The Bradley letter has inspired both passionate reactions and thoughtful engagement from Common Core proponents since its publication.

Kevin Donohue, an eighth-grade teacher in the Archdiocese of Los Angeles, argued in a letter to Notre Dame’s Irish Rover newspaper that real classroom experience shows the Common Core is “truly what is best for educational institutions, both public and private, secular and Catholic.”

The Diocese of Wheeling-Charleston, W. Va., however, had a more constructive response. An Oct. 24 letter to Bradley from Vincent de Paul Schmidt, superintendent of schools, and obtained by the Register, explained how the “Catholic Common Core Initiative” was being implemented in the diocese’s Catholic schools in a way “reflective of our Catholic values and traditions.” Schmidt said the diocese intends to meet the standards of excellence set by the bishop, not the state, and respect local school control of the pacing and book selections. He added that diocesan schools would not follow the state’s assessment protocols and had forbidden the state’s data-mining of students.

Father Ronald Nuzzi, director of Catholic leadership programs at the Alliance for Catholic Education at the University of Notre Dame, told the Register that the Common Core standards “are benchmark indicators and are best understood as ways to evaluate curriculum.”

“They are not the curriculum, and no Catholic school would ever surrender curricular authority to an external entity, nor could they canonically, even if they wanted to,” he said. “The adoption and implementation of any and all curriculum is always a decision subject to local control.”

 

A Welcome Dialogue

Bradley’s letter has not gone unnoticed at the U.S. Conference of Catholic Bishops (USCCB). The USCCB’s National Advisory Council recommended at the bishops’ November general assembly in Baltimore that the bishops re-evaluate the Common Core standards.

Sister John Mary Fleming, head of the USCCB’s Secretariat of Catholic Education, told the Register that Bradley’s letter raised an important question of whether Catholic education should pursue a more liberal arts direction rather than current alternatives.

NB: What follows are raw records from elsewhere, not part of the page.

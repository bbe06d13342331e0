-- ===== src/Mp3/Reads.antt =====
-- What holds of an outcome, and the reads inside a buffer.
use tracker_miners.Base.{
  Bool, true, false, if◌then◌else◌, ℕ, zero, suc, ◌+◌, ◌<◌, ◌≡◌, refl, List, [], ◌∷◌, ◌++◌, arith,
  length, get_elem?,
}
use tracker_miners.Mp3.{
  Outcome, ok, fault, Fault, ◌>>=◌, read, extract_uint32, extract_uint16, extract_uint32_7bit,
  extract_uint32_3byte,
}

-- A value has the property, and a fault is one that is allowed.
abbrev pub Within : {A : Type 0} → (Fault → Type 0) → (A → Type 0) → Outcome A → Type 0
Within allowed P (ok a) = P a
Within allowed P (fault e) = allowed e

abbrev pub Any : {A : Type 0} → A → Type 0
Any a = Unit

pub Within-bind :
    {A B : Type 0} (allowed : Fault → Type 0) (P : A → Type 0) (Q : B → Type 0) (o : Outcome A)
    (f : A → Outcome B)
    → Within allowed P o
    → ((a : A) → P a → Within allowed Q (f a))
    → Within allowed Q (o >>= f)
Within-bind allowed P Q (ok a) f h k = k a h
Within-bind allowed P Q (fault e) f h k = h

-- as Within-bind, with the value known
pub Within-bind_known :
    {A B : Type 0} (allowed : Fault → Type 0) (P : A → Type 0) (Q : B → Type 0) (o : Outcome A)
    (f : A → Outcome B)
    → Within allowed P o
    → ((a : A) → o ≡ ok a → P a → Within allowed Q (f a))
    → Within allowed Q (o >>= f)
Within-bind_known allowed P Q (ok a) f h k = k a refl h
Within-bind_known allowed P Q (fault e) f h k = h

pub Within-if :
    {A : Type 0} (allowed : Fault → Type 0) (P : A → Type 0) (b : Bool) (o p : Outcome A)
    → (b ≡ true → Within allowed P o)
    → (b ≡ false → Within allowed P p)
    → Within allowed P (if b then o else p)
Within-if allowed P true o p h k = h refl
Within-if allowed P false o p h k = k refl

pub Within-elim :
    {A : Type 0} (allowed : Fault → Type 0) (P : A → Type 0) (b : Bool) (o p : Outcome A)
    → (b ≡ true → Within allowed P o)
    → (b ≡ false → Within allowed P p)
    → Within allowed P (elim b [ true ↦ o | false ↦ p ])
Within-elim allowed P true o p h k = h refl
Within-elim allowed P false o p h k = k refl

-- the reads below a bound
abbrev pub Reads : (Fault → Type 0) → List ℕ → ℕ → Type 0
Reads allowed buffer bound = (i : ℕ) → i < bound → Within allowed Any (read buffer i)

module _ (allowed : Fault → Type 0) (buffer : List ℕ) (bound : ℕ)
    (reads : Reads allowed buffer bound) where
  pub read-bind :
      {B : Type 0} (i : ℕ)
      → i < bound
      → (Q : B → Type 0) (f : ℕ → Outcome B) → ((a : ℕ) → Within allowed Q (f a))
      → Within allowed Q (read buffer i >>= f)
  read-bind i h Q f k = Within-bind allowed Any Q (read buffer i) f (reads i h) (λ a u. k a)

  pub extract_uint32-Within : (p : ℕ) → p + 3 < bound → Within allowed Any (extract_uint32 buffer p)
  unfolding extract_uint32
  extract_uint32-Within p h = read-bind p (omega arith) Any _ λ a.
      read-bind (p + 1) (omega arith) Any _ λ b.
        read-bind (p + 2) (omega arith) Any _ λ c. read-bind (p + 3) (omega arith) Any _ λ d. tt

  pub extract_uint16-Within : (p : ℕ) → p + 1 < bound → Within allowed Any (extract_uint16 buffer p)
  unfolding extract_uint16
  extract_uint16-Within p h =
      read-bind p (omega arith) Any _ λ a. read-bind (p + 1) (omega arith) Any _ λ b. tt

  pub extract_uint32_7bit-Within :
      (p : ℕ) → p + 3 < bound → Within allowed Any (extract_uint32_7bit buffer p)
  unfolding extract_uint32_7bit
  extract_uint32_7bit-Within p h = read-bind p (omega arith) Any _ λ a.
      read-bind (p + 1) (omega arith) Any _ λ b.
        read-bind (p + 2) (omega arith) Any _ λ c. read-bind (p + 3) (omega arith) Any _ λ d. tt

  pub extract_uint32_3byte-Within :
      (p : ℕ) → p + 2 < bound → Within allowed Any (extract_uint32_3byte buffer p)
  unfolding extract_uint32_3byte
  extract_uint32_3byte-Within p h =
      read-bind p (omega arith) Any _ λ a.
        read-bind (p + 1) (omega arith) Any _ λ b. read-bind (p + 2) (omega arith) Any _ λ c. tt

get_elem?-behind :
    (pre ys : List ℕ) (i k : ℕ) → i ≡ length pre + k → get_elem? (pre ++ ys) i ≡ get_elem? ys k
get_elem?-behind [] ys i k h = ground (arith, h)
get_elem?-behind (x ∷ pre) ys zero k h = absurd (omega arith)
get_elem?-behind (x ∷ pre) ys (suc i) k h = get_elem?-behind pre ys i k (omega arith)

-- a read behind a prefix
pub read-behind : (pre ys : List ℕ) (i k : ℕ) → i ≡ length pre + k → read (pre ++ ys) i ≡ read ys k
unfolding read
read-behind pre ys i k h = rw (get_elem?-behind pre ys i k h) refl

-- a chain of outcomes, a step at a time
pub bind_ok :
    {A B : Type 0} (o : Outcome A) (f : A → Outcome B) (a : A) (r : Outcome B)
    → o ≡ ok a
    → f a ≡ r
    → (o >>= f) ≡ r
bind_ok o f a r e h = rw e h

pub if_true :
    {A : Type 0} (b : Bool) (o p r : Outcome A) → b ≡ true → o ≡ r → (if b then o else p) ≡ r
if_true b o p r e h = rw e h

pub if_false :
    {A : Type 0} (b : Bool) (o p r : Outcome A) → b ≡ false → p ≡ r → (if b then o else p) ≡ r
if_false b o p r e h = rw e h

However, Sister John Mary pointed out that Catholic dioceses have been responding to Common Core in a manner similar to how they have responded historically to changes in state standards. Her own survey of 195 dioceses, she said, found that 100 dioceses had made adaptations in response to Common Core, but they were not adopting the Common Core wholesale or imposing a “one-size-fits-all approach” in their schools.

“Really, over 100 dioceses have been managing, editing, picking and choosing what is best at the local level and what is best in the context of their Catholic school community within that mission, that philosophy of Catholic education,” she said.

Sister John Mary said that the “the examination of conscience” about Common Core has to take place at the local level and is a conversation that should involve parents, educators, superintendents and the bishop.

“Let’s be sure that any standards that we adopt have those ends [of a Catholic education] in mind,” she said.

 

Liberal Arts vs. Passing Fads?

Changing Catholic education in response to meeting state expectations for public schools, Esolen argued, has not yielded positive results. He said it has put Catholic schools at the mercy of changing fads in education since the 1950s, the latest being Common Core. “They should just get rid of it,” he said.

Esolen pointed to his own experience as a professor: He frequently has to re-teach students how to write papers, and these are students who have told him that they spent an entire year in class preparing for AP (Advanced Placement) tests. The type of student who is generally set apart in his class is not the Catholic school student, but a home-schooler.

“Home-schoolers clean everybody else’s clock, but they are not being taught with the AP test in mind,” he said.

Instead, Esolen said, Catholic educators “need to go back to the roots: What is a human education, and what is a Catholic education? We have plenty of Catholic writers on that subject, going back for centuries.”

Peter Jesserer Smith is a Register staff writer.